Rileggere i Banshees e farlo con stile.
Negli ultimi anni finalmente il culto dei Siouxsie and the Banshees ha ricominciato a fiorire anche al di fuori dei soliti giri dark, e a ragione. Tra passaggi televisivi (la Spellbound di Stranger Things) e tour solisti della Nostra andati sold out in pochi minuti, sembra che la fame dei fan nei confronti della regina della notte sia tornata più che mai.
E chi se non la Cleopatra Records – nota per fiutare il guadagno facile dato dalle raccolte a tema – poteva immettere sul mercato l’ennesimo album-tributo dedicato alla seminale band post-punk inglese? Detto fatto: Spellbound è pronta per saziare parzialmente la voglia di Susanna.
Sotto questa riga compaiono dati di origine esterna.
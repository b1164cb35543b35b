-- ===== src/Auth/Sessions.antt =====
-- The end of a session: signing out, a refresh token that is used twice and a password that is reset.
-- backend/application/auth/use_cases.py over backend/core/security/token_store.py.
use enterprise_fast_api_boil.Base.{
  ℕ, ◌+◌, ◌*◌, ◌≤◌, ◌<◌, String, ◌≡◌, ◌≢◌, refl, sym, ◌∙◌, ap, true, false, Bool-cases, inl, inr,
  eq_iff, Option, none, some, contains, leb, arith,
}
use enterprise_fast_api_boil.Base.Outcome.{
  domain, http, unauthorized, Outcome, ok, err, store_unavailable, continue,
}
use enterprise_fast_api_boil.Database.{User}
use enterprise_fast_api_boil.Users.{get_by_id, update_user}
use enterprise_fast_api_boil.Tokens.Redis.{Redis, user, revoked, EntryKey, by_user, access_by_user}
use enterprise_fast_api_boil.Tokens.Store.{
  get_entry, delete_entry, set_entry, revoke_jti, is_revoked, revoke_all_for_user,
  revoke_all_access_tokens_for_user, consume_password_reset_token,
}
use enterprise_fast_api_boil.Tokens.Revocation.{
  offline, deleted, all_revoked, delete_all_up, revoke_each_up, get-deleted, get-deleted-none,
  get-all_revoked, get-all_revoked_ne,
}
use enterprise_fast_api_boil.Auth.{
  Auth, Claims, Limits, session_prefix, revocation_prefix, reset_prefix, bad_refresh, end_sessions,
  set_password, refresh, logout, current_user, confirm_password_reset,
}

sessions_apart : revocation_prefix ≢ session_prefix
sessions_apart e = absurd (ground (arith, eq_iff revocation_prefix session_prefix))

resets_apart : reset_prefix ≢ revocation_prefix
resets_apart e = absurd (ground (arith, eq_iff reset_prefix revocation_prefix))

module _ (R : Redis) (uuid : ℕ → String) (limits : Limits) where
  -- The next request, at time `t`, with Redis answering.
  abbrev pub up_at : ℕ → Auth R → Auth R
  up_at t a = record a { tokens = record a.tokens { up = true; now = t } }

  pub refresh_gone :
      (token : String) (a : Auth R)
      → R.get a.tokens.now (session_prefix, token) a.tokens.redis ≡ none
      → (refresh R uuid limits token (up_at a.tokens.now a)).0 ≡ err (bad_refresh R uuid limits)
  unfolding refresh get_entry
  refresh_gone token a gone = rw gone refl

  pub current_user_revoked :
      (claims : Claims) (a : Auth R)
      → (a.tokens.now < claims.exp
          → R.get a.tokens.now (revocation_prefix, claims.jti) a.tokens.redis ≡ some revoked)
      → (m : String) × ((current_user R uuid limits (some claims) (up_at a.tokens.now a)).0
          ≡ err (http 401 m))
  unfolding current_user is_revoked get_entry
  current_user_revoked claims a gone = elim (Bool-cases (leb claims.exp a.tokens.now)) [
    | inl late ↦ ("Invalid token", rw late refl)
    | inr early ↦ ("Token revoked", rw (early, gone (ground arith)) refl)
  ]

  -- While Redis answers: after POST /auth/logout at time `now`, at any later time, the refresh token
  -- is refused as invalid, and so is the access token of the request with status 401, where it does
  -- not live longer than the 24 hours for which its identifier stays revoked.
  pub logout_ends_session :
      (token : String) (access : Claims) (a : Auth R) (now t : ℕ)
      → access.exp ≤ now + 24 * 60 * 60
      → now ≤ t
      → let a' = up_at t (logout R uuid limits token access (up_at now a)).1 in
        ((refresh R uuid limits token a').0 ≡ err (bad_refresh R uuid limits))
        × ((m : String) × ((current_user R uuid limits (some access) a').0 ≡ err (http 401 m)))
  unfolding logout delete_entry revoke_jti set_entry
  logout_ends_session token access a now t short later =
      let a' = up_at t (logout R uuid limits token access (up_at now a)).1 in
      let s = R.delete (session_prefix, token) a.tokens.redis in
      (
        refresh_gone token a' (
            R.get-set_ne now t (revocation_prefix, access.jti) (session_prefix, token) revoked
              (24 * 60 * 60) s (λ e. sessions_apart (ap (λ (k : EntryKey). k.0) e))
            ∙ R.get-delete_self t (session_prefix, token) a.tokens.redis),
        current_user_revoked access a' (λ live.
            R.get-set_self now t (revocation_prefix, access.jti) revoked (24 * 60 * 60) s later
              (omega arith)),
      )

  -- `end_sessions` in Redis.
  abbrev pub ended : ℕ → ℕ → R.State → R.State
  ended now uid s =
      let s' = deleted R session_prefix (R.smembers now (by_user session_prefix uid) s) s in
      all_revoked R revocation_prefix now (R.smembers now (access_by_user revocation_prefix uid) s')
        s'

  pub end_sessions_up :
      (uid now : ℕ) (a : Auth R)
      → end_sessions R uuid limits uid (up_at now a) ≡ (
        ok tt,
        record a {
          tokens = record a.tokens { redis = ended now uid a.tokens.redis; up = true; now = now };
        },
      )
  unfolding revoke_all_for_user revoke_all_access_tokens_for_user
  end_sessions_up uid now a =
      let c = record a.tokens { now = now } in
      let s =
        deleted R session_prefix (R.smembers now (by_user session_prefix uid) c.redis) c.redis in
      rw
        (
          delete_all_up R session_prefix (R.smembers now (by_user session_prefix uid) c.redis) c,
          revoke_each_up R revocation_prefix
              (R.smembers now (access_by_user revocation_prefix uid) s) (record c { redis = s }),
        )
        refl

  -- In production, when Redis does not answer, nothing is accepted: refreshing, signing out,
  -- confirming a password reset and presenting an access token that has not expired all fail with
  -- the store's own error, and change nothing.
  pub offline_refuses :
      (token password : String) (hash_password : String → String) (claims : Claims) (a : Auth R)
      → a.tokens.now < claims.exp
      → let a' = record a { tokens = offline R a.tokens } in
        (refresh R uuid limits token a' ≡ (err store_unavailable, a'))
        × (logout R uuid limits token claims a' ≡ (err store_unavailable, a'))
        × (confirm_password_reset R uuid limits hash_password token password a'
            ≡ (err store_unavailable, a'))
        × (current_user R uuid limits (some claims) a' ≡ (err store_unavailable, a'))
  unfolding refresh logout confirm_password_reset current_user consume_password_reset_token
      get_entry delete_entry is_revoked
  offline_refuses token password hash_password claims a fresh =
      let early : leb claims.exp a.tokens.now ≡ false = ground arith in
      (refl, refl, refl, rw early refl)

  -- Ending the sessions of an account touches no key of another prefix.
  ended_elsewhere :
      (uid now t : ℕ) (k : EntryKey) (s : R.State)
      → k.0 ≢ revocation_prefix
      → R.get t k s ≡ none
      → R.get t k (ended now uid s) ≡ none
  ended_elsewhere uid now t k s other gone =
      let tokens = R.smembers now (by_user session_prefix uid) s in
      let s' = deleted R session_prefix tokens s in
      get-all_revoked_ne R revocation_prefix
        (R.smembers now (access_by_user revocation_prefix uid) s') now t k s' other
      ∙ get-deleted-none R session_prefix tokens t k s gone

  set_password_elsewhere :
      (hash_password : String → String) (password : String) (found : Outcome (Option User))
      (now t : ℕ) (k : EntryKey) (a : Auth R)
      → k.0 ≢ revocation_prefix
      → R.get t k a.tokens.redis ≡ none
      → R.get t k
          (continue found
            (set_password R uuid limits hash_password password)
            (up_at now a)).1.tokens.redis
        ≡ none
  set_password_elsewhere hash_password password (err e) now t k a other gone = gone
  set_password_elsewhere hash_password password (ok none) now t k a other gone = gone
  set_password_elsewhere hash_password password (ok (some account)) now t k a other gone =
      let users =
        update_user account.id (λ u. record u { hashed_password = hash_password password })
          a.server.work.users in
      rw
        (end_sessions_up account.id now
          (record a { server = record a.server { work = record a.server.work { users = users } } }))
        (ended_elsewhere account.id now t k a.tokens.redis other gone)

  reset_gone :
      (hash_password : String → String) (token password : String) (a : Auth R)
      → R.get a.tokens.now (reset_prefix, token) a.tokens.redis ≡ none
      → (confirm_password_reset R uuid limits hash_password token password (up_at a.tokens.now a)).0
        ≡ err (domain (unauthorized "Invalid or expired reset token"))
  unfolding confirm_password_reset consume_password_reset_token get_entry
  reset_gone hash_password token password a gone = rw gone refl

  reset_uses_token :
      (hash_password : String → String) (token password : String) (uid now t : ℕ) (a : Auth R)
      → R.get now (reset_prefix, token) a.tokens.redis ≡ some (user uid)
      → R.get t
          (reset_prefix, token)
          (confirm_password_reset R uuid limits hash_password token password
            (up_at now a)).1.tokens.redis
        ≡ none
  unfolding confirm_password_reset consume_password_reset_token get_entry delete_entry
  reset_uses_token hash_password token password uid now t a stored =
      let (found, server) = get_by_id uid a.server in
      let left = record a.tokens { redis = R.delete (reset_prefix, token) a.tokens.redis } in
      rw stored (
        set_password_elsewhere hash_password password found now t (reset_prefix, token)
          (record a { server = server; tokens = left }) resets_apart
          (R.get-delete_self t (reset_prefix, token) a.tokens.redis))

  -- A password reset token works once: while Redis answers and the token is stored for an account,
  -- the token is refused as invalid at any time after it was presented, whatever came of that.
  pub reset_token_single_use :
      (hash_password : String → String) (token first second : String) (uid now t : ℕ) (a : Auth R)
      → R.get now (reset_prefix, token) a.tokens.redis ≡ some (user uid)
      → (confirm_password_reset R uuid limits hash_password token second (
          up_at t
            (confirm_password_reset R uuid limits hash_password token first (up_at now a)).1)).0
        ≡ err (domain (unauthorized "Invalid or expired reset token"))
  reset_token_single_use hash_password token first second uid now t a stored =
      reset_gone hash_password token second
        (up_at t (confirm_password_reset R uuid limits hash_password token first (up_at now a)).1)
        (reset_uses_token hash_password token first uid now t a stored)

  abbrev reset_done : (String → String) → String → String → ℕ → ℕ → Auth R → Auth R
  reset_done hash_password token password now uid a = record a {
    server = record a.server {
      work = record a.server.work {
        users =
            update_user uid (λ u. record u { hashed_password = hash_password password })
              a.server.work.users;
      };
    };
    tokens = record a.tokens {
      redis = ended now uid (R.delete (reset_prefix, token) a.tokens.redis);
      up = true;
      now = now;
    };
  }

  confirm_up :
      (hash_password : String → String) (token password : String) (now : ℕ) (account : User)
      (a : Auth R)
      → R.get now (reset_prefix, token) a.tokens.redis ≡ some (user account.id)
      → (get_by_id account.id a.server).0 ≡ ok (some account)
      → confirm_password_reset R uuid limits hash_password token password (up_at now a)
        ≡ (ok tt, reset_done hash_password token password now account.id a)
  unfolding confirm_password_reset consume_password_reset_token get_entry delete_entry get_by_id
  confirm_up hash_password token password now account a stored found =
      let users =
        update_user account.id (λ u. record u { hashed_password = hash_password password })
          a.server.work.users in
      rw (stored, found)
        (end_sessions_up account.id now (record a {
          server = record a.server { work = record a.server.work { users = users } };
          tokens = record a.tokens { redis = R.delete (reset_prefix, token) a.tokens.redis };
        }))

  -- What ending the sessions of an account does to its tokens.
  pub ended_tracked :
      (uid now t : ℕ) (tracked : String) (s : R.State)
      → contains tracked (R.smembers now (by_user session_prefix uid) s) ≡ true
      → R.get t (session_prefix, tracked) (ended now uid s) ≡ none
  ended_tracked uid now t tracked s member =
      let tokens = R.smembers now (by_user session_prefix uid) s in
      let s' = deleted R session_prefix tokens s in
      get-all_revoked_ne R revocation_prefix
        (R.smembers now (access_by_user revocation_prefix uid) s') now t (session_prefix, tracked)
        s' (λ e. sessions_apart (sym e))
      ∙ get-deleted R session_prefix tokens t tracked s member

  -- A password that is reset ends the sessions: while Redis answers, the reset token is stored for an
  -- account and the account's row is found, the request succeeds and the account has the new password.
  -- In the 24 hours after it, a refresh token that was tracked for the account is refused as invalid,
  -- and an access token whose identifier was tracked for the account is refused with status 401.
  pub password_reset_ends_sessions :
      (hash_password : String → String) (token password : String) (now t : ℕ) (account : User)
      (tracked : String) (claims : Claims) (a : Auth R)
      → let left = R.delete (reset_prefix, token) a.tokens.redis in
        let sessions = R.smembers now (by_user session_prefix account.id) left in
        R.get now (reset_prefix, token) a.tokens.redis ≡ some (user account.id)
        → (get_by_id account.id a.server).0 ≡ ok (some account)
        → now ≤ t
        → t < now + 24 * 60 * 60
        → contains tracked sessions ≡ true
        → contains claims.jti (
            R.smembers now
              (access_by_user revocation_prefix account.id)
              (deleted R session_prefix sessions left))
          ≡ true
        → let (r, a') =
            confirm_password_reset R uuid limits hash_password token password (up_at now a) in
          (r ≡ ok tt)
          × (a'.server.work.users
              ≡ update_user account.id
                  (λ u. record u { hashed_password = hash_password password })
                  a.server.work.users)
          × ((refresh R uuid limits tracked (up_at t a')).0 ≡ err (bad_refresh R uuid limits))
          × ((m : String) × ((current_user R uuid limits (some claims) (up_at t a')).0
                ≡ err (http 401 m)))
  password_reset_ends_sessions hash_password token password now t account tracked claims a stored
        found later live member held =
      let a' = up_at t (reset_done hash_password token password now account.id a) in
      let s = R.delete (reset_prefix, token) a.tokens.redis in
      let s' = deleted R session_prefix (R.smembers now (by_user session_prefix account.id) s) s in
      let jtis = R.smembers now (access_by_user revocation_prefix account.id) s' in
      rw (confirm_up hash_password token password now account a stored found) (
        refl,
        refl,
        refresh_gone tracked a' (ended_tracked account.id now t tracked s member),
        current_user_revoked claims a'
            (λ _. get-all_revoked R revocation_prefix jtis now t claims.jti s' later live held),
      )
Va detto che a differenza di altre operazioni simili, questa compilation ha più reinterpretazioni valide rispetto ai meri riempitivi, grazie anche a nomi affidabili come Tim Sköld, Kap Bambino, Xiu Xiu e Jah Wobble (P.I.L.) con Jon Klein (ex Specimen, che dei Banshees fu chitarrista nel periodo ‘87-94 – di fatto il più longevo di tutti i chitarristi passati sotto la band di Severin e soci).
Ma a colpire maggiormente è la prova dei Nouvelle Vague, che riprendono Night Shift riuscendo a darne una lettura davvero personale ed efficace. Il classico di JuJu viene qui messo a nudo, spogliato degli splendidi barocchismi gotici e riproposto in una chiave acustica in tinta noire. L’ambientazione è una torrida notte d’estate, i versi sussurrati e gli strumenti elegantemente pizzicati quel tanto che basta per trasformare gli incubi in sogni disturbati a occhi aperti, una colonna sonora del terrore messa in scena da una band fasciata in abiti da sera sgualciti da stanchezza, umidità e disincanto: per una volta, qualcosa di davvero imperdibile.
Chissà che ne avrebbe pensato lo squartatore dello Yorkshire.